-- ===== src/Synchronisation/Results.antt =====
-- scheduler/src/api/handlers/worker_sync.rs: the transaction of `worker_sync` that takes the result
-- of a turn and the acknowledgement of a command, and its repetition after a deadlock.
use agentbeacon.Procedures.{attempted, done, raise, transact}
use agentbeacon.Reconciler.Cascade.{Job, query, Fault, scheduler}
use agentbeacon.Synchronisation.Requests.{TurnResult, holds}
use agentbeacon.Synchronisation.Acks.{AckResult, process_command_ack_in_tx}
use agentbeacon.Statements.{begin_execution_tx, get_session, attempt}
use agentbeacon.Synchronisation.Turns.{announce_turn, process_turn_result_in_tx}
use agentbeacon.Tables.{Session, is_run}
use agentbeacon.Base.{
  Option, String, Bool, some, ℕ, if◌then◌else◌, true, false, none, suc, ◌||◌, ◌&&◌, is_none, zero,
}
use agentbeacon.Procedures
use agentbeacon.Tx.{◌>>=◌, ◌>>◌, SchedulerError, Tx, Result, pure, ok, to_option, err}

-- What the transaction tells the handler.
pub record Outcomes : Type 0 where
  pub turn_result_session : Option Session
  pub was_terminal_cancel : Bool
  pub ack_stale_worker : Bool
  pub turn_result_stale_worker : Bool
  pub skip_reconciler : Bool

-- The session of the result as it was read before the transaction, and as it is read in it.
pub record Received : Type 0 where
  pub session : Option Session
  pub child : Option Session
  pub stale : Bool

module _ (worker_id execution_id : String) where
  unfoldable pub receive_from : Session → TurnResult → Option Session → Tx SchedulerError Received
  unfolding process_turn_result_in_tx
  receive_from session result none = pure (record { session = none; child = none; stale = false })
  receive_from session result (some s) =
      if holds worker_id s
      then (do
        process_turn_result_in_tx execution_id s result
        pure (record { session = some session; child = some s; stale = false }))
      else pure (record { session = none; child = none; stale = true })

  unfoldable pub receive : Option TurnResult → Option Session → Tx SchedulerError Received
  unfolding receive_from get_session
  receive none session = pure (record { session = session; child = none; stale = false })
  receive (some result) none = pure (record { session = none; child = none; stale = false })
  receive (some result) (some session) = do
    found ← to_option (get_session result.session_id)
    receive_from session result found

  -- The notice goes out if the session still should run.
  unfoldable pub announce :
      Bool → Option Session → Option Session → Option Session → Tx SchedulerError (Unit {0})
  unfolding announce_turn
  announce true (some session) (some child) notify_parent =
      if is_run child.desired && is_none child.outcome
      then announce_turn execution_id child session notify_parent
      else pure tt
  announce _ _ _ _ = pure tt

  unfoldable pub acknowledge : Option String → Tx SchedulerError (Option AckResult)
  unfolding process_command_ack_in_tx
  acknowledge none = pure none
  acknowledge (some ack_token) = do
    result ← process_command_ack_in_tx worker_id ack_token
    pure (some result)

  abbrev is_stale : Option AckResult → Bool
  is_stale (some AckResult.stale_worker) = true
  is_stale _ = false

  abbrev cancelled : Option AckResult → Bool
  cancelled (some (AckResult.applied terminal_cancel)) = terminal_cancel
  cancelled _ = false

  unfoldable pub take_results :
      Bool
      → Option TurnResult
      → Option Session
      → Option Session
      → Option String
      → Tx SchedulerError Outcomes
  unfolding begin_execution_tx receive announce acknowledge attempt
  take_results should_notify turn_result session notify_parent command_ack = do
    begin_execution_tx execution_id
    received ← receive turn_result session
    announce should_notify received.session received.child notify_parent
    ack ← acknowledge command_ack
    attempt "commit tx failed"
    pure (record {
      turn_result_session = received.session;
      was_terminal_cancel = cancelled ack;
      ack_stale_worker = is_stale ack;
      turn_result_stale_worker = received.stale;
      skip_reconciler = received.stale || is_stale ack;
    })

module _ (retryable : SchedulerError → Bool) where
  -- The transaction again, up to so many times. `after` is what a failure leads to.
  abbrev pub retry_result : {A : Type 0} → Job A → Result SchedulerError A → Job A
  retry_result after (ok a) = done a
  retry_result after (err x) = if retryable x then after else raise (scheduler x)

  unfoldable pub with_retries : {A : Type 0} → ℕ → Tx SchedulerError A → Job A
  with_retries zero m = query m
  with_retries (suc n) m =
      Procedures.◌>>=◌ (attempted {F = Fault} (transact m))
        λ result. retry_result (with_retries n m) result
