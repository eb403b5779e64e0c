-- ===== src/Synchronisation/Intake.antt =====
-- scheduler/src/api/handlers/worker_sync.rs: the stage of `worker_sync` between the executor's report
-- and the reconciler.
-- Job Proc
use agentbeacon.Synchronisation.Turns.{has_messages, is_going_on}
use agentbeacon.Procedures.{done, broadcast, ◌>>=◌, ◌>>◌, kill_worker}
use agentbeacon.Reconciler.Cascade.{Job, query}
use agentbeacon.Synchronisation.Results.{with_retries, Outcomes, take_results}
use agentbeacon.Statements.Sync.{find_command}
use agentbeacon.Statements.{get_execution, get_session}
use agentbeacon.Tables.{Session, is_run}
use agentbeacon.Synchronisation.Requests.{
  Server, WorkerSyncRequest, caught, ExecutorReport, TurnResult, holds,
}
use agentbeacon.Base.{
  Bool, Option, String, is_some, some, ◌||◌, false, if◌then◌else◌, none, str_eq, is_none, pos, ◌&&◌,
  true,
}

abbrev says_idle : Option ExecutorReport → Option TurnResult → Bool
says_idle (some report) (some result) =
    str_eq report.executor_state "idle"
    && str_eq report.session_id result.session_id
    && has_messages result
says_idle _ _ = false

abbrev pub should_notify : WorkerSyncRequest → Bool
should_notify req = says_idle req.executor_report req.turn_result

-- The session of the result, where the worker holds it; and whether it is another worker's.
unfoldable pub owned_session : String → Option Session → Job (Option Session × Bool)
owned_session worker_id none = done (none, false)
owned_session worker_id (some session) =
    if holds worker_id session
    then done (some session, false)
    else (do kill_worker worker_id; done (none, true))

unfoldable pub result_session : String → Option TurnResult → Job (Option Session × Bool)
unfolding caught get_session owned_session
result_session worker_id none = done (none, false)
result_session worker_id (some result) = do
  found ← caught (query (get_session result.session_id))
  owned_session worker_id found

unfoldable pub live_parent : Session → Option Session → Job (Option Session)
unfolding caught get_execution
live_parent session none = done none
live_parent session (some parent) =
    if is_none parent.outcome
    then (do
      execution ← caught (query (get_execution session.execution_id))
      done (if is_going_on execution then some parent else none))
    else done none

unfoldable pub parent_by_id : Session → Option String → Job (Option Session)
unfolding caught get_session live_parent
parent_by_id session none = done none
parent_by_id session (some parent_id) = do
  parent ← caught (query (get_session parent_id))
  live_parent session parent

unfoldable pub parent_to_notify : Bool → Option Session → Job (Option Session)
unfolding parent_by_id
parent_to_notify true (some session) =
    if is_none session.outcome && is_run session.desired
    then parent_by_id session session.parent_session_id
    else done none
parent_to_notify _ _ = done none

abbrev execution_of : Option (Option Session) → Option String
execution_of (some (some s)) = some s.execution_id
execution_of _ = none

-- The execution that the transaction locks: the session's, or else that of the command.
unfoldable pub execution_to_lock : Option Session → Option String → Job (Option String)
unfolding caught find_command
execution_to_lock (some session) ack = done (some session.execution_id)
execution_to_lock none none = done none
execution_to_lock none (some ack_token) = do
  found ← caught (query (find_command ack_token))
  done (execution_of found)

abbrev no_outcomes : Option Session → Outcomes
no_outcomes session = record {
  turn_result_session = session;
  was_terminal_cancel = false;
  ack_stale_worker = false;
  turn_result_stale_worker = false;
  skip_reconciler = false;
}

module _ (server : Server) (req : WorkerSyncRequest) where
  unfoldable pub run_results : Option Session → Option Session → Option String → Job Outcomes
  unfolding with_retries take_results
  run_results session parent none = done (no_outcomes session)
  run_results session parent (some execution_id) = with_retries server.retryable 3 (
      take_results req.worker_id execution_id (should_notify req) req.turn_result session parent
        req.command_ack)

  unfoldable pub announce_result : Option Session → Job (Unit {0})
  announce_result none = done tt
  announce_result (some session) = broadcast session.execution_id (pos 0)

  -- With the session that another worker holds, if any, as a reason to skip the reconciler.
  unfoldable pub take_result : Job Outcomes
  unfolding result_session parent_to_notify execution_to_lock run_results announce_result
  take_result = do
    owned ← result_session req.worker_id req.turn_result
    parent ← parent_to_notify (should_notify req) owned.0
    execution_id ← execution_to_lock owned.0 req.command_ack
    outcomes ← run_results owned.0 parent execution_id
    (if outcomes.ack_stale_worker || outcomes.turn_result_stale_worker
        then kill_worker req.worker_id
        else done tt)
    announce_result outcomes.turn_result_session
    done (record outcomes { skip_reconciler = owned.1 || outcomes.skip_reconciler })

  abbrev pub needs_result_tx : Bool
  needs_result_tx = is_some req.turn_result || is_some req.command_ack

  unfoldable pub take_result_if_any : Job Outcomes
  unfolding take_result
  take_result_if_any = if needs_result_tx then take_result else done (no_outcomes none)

→ THE PROBLEM:
From the material above, set down exactly the lines between the line holding "then parent_by_id session" and the line holding "execution_of _ = none", inclusive. Include nothing else.

→ EXERCISE RESPONSE:
    then parent_by_id session session.parent_session_id
    else done none
parent_to_notify _ _ = done none

abbrev execution_of : Option (Option Session) → Option String
execution_of (some (some s)) = some s.execution_id
execution_of _ = none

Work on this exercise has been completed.